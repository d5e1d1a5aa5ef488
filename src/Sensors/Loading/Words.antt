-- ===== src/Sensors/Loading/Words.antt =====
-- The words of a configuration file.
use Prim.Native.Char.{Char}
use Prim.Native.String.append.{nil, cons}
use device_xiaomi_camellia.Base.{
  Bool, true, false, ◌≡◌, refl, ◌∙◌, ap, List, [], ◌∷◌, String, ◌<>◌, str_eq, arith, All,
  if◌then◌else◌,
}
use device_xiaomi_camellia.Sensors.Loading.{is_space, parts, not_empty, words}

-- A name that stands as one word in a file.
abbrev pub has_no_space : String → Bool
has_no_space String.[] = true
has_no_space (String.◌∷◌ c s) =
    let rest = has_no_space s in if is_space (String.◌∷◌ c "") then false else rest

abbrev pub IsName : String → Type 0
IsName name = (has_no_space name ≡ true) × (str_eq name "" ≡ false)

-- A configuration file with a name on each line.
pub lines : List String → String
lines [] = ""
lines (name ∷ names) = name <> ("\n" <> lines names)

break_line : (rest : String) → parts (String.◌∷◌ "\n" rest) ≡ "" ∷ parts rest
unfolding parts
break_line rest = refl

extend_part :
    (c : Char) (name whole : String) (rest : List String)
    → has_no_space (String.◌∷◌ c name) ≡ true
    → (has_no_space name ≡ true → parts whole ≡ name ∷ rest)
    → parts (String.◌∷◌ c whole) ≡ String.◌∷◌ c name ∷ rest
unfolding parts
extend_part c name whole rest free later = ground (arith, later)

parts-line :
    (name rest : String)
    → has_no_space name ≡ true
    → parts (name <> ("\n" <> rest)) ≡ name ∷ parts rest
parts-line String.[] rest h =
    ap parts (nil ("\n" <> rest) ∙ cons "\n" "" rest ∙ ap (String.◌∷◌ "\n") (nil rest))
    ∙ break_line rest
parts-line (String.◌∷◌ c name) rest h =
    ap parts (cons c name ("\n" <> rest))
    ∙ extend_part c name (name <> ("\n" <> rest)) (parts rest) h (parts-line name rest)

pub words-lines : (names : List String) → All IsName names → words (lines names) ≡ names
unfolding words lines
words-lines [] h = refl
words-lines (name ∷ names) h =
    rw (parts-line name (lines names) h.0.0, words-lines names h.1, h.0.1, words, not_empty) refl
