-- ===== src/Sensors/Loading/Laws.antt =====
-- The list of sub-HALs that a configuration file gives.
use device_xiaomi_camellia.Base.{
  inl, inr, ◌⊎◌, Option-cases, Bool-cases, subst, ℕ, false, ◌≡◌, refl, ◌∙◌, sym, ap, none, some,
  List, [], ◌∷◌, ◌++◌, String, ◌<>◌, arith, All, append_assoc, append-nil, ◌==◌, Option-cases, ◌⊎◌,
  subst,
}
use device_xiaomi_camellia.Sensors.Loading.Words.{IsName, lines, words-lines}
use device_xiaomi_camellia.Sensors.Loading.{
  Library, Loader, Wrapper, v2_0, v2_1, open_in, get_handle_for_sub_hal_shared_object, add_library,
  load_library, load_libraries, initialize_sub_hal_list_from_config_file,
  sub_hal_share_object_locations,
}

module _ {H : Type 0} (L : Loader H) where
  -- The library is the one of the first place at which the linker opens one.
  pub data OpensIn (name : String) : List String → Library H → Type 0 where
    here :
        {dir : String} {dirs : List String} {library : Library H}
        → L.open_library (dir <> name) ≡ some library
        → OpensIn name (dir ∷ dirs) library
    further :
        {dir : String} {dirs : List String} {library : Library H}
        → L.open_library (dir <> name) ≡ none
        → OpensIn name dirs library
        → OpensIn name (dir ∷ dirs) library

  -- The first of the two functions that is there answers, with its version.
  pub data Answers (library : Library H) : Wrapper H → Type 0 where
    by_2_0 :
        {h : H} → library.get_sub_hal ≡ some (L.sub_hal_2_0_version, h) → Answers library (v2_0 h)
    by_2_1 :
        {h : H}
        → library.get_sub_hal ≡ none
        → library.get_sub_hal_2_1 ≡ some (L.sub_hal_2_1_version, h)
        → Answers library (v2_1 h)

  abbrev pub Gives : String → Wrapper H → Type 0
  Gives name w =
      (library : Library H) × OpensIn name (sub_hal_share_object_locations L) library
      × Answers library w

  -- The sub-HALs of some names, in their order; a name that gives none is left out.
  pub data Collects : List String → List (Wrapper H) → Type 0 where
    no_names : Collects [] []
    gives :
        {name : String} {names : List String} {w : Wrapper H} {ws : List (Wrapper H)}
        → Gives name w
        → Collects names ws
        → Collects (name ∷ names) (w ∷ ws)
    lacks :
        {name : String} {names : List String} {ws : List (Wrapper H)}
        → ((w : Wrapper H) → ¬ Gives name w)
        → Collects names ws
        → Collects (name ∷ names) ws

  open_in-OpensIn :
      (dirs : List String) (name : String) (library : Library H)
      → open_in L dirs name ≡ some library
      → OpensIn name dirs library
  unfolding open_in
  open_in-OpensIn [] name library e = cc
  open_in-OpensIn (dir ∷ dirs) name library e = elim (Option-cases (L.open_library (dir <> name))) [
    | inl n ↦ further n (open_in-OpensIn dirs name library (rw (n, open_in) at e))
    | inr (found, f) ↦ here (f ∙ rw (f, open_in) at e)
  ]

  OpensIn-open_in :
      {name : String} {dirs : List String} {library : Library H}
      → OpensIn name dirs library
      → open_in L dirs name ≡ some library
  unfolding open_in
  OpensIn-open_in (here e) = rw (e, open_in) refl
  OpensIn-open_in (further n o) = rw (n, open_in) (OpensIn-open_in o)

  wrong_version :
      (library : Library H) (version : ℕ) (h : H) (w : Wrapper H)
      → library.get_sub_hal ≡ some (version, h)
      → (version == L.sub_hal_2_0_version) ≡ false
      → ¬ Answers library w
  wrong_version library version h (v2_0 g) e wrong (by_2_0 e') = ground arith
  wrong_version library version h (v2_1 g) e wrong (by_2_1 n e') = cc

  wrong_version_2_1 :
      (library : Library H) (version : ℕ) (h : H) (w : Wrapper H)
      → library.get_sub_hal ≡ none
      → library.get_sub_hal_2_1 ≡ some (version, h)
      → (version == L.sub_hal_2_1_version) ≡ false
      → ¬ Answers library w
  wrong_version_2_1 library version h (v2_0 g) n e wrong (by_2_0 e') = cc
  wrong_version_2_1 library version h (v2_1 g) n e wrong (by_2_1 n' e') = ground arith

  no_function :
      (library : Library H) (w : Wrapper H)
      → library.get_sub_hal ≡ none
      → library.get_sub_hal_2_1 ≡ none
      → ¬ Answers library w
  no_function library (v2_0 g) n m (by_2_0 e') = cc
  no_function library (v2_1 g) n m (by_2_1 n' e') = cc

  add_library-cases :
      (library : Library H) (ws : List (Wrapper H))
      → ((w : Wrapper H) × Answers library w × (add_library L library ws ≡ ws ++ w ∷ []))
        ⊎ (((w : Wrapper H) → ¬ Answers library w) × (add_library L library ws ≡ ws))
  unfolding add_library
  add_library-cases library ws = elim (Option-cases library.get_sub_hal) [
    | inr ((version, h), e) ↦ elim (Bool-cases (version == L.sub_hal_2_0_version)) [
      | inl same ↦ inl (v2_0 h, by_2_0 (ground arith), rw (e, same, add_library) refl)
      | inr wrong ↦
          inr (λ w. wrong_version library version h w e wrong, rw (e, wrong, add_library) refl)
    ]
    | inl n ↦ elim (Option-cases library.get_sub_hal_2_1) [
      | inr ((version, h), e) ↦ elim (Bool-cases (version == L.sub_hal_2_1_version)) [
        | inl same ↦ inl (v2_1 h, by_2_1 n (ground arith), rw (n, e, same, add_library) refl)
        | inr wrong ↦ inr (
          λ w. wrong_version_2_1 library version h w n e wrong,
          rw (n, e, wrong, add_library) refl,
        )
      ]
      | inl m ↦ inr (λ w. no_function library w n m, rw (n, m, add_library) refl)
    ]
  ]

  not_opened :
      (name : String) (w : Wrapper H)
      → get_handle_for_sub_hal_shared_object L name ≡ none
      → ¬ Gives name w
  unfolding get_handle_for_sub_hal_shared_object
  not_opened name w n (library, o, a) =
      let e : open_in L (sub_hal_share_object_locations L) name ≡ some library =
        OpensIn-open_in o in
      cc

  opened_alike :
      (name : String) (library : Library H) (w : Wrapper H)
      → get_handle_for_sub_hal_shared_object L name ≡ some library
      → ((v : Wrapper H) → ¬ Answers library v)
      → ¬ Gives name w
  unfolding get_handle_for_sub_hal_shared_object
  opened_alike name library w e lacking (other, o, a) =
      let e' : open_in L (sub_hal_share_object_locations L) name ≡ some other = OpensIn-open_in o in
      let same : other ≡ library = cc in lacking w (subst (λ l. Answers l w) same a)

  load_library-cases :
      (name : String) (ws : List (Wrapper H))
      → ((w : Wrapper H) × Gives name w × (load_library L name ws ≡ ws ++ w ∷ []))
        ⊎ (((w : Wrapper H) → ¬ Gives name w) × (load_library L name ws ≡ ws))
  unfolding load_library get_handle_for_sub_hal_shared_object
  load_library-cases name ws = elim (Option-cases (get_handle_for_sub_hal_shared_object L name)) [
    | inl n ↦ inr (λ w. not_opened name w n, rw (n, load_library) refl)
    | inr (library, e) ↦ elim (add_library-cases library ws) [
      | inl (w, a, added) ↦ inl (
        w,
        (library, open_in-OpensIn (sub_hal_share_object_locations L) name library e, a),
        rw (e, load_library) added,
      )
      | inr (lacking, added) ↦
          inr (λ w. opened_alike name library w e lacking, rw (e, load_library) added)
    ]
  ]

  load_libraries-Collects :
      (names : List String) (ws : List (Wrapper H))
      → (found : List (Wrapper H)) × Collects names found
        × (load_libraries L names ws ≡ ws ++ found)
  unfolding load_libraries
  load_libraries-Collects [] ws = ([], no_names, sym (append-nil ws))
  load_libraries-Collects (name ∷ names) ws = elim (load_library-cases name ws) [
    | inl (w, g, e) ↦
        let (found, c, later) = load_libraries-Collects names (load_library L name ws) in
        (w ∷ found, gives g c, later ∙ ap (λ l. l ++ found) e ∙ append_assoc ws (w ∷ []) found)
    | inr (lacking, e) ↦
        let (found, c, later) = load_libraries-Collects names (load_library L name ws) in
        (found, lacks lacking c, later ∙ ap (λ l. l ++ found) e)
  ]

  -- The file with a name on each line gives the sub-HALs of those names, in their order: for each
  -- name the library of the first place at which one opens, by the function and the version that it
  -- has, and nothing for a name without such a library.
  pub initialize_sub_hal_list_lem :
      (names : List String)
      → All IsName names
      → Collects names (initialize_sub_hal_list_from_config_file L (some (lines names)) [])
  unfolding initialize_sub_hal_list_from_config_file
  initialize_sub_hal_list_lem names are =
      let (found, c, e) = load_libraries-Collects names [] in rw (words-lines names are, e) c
○ ○ ○ ○ ○ ○ ○
What this task involves —
With the first line being the one containing "wrong ↦ inr" and the last line the one containing "(name : String) (library : Library H) (w", transcribe exactly the lines above that fall in that range.

Exercise output —
        | inr wrong ↦ inr (
          λ w. wrong_version_2_1 library version h w n e wrong,
          rw (n, e, wrong, add_library) refl,
        )
      ]
      | inl m ↦ inr (λ w. no_function library w n m, rw (n, m, add_library) refl)
    ]
  ]

  not_opened :
      (name : String) (w : Wrapper H)
      → get_handle_for_sub_hal_shared_object L name ≡ none
      → ¬ Gives name w
  unfolding get_handle_for_sub_hal_shared_object
  not_opened name w n (library, o, a) =
      let e : open_in L (sub_hal_share_object_locations L) name ≡ some library =
        OpensIn-open_in o in
      cc

  opened_alike :
      (name : String) (library : Library H) (w : Wrapper H)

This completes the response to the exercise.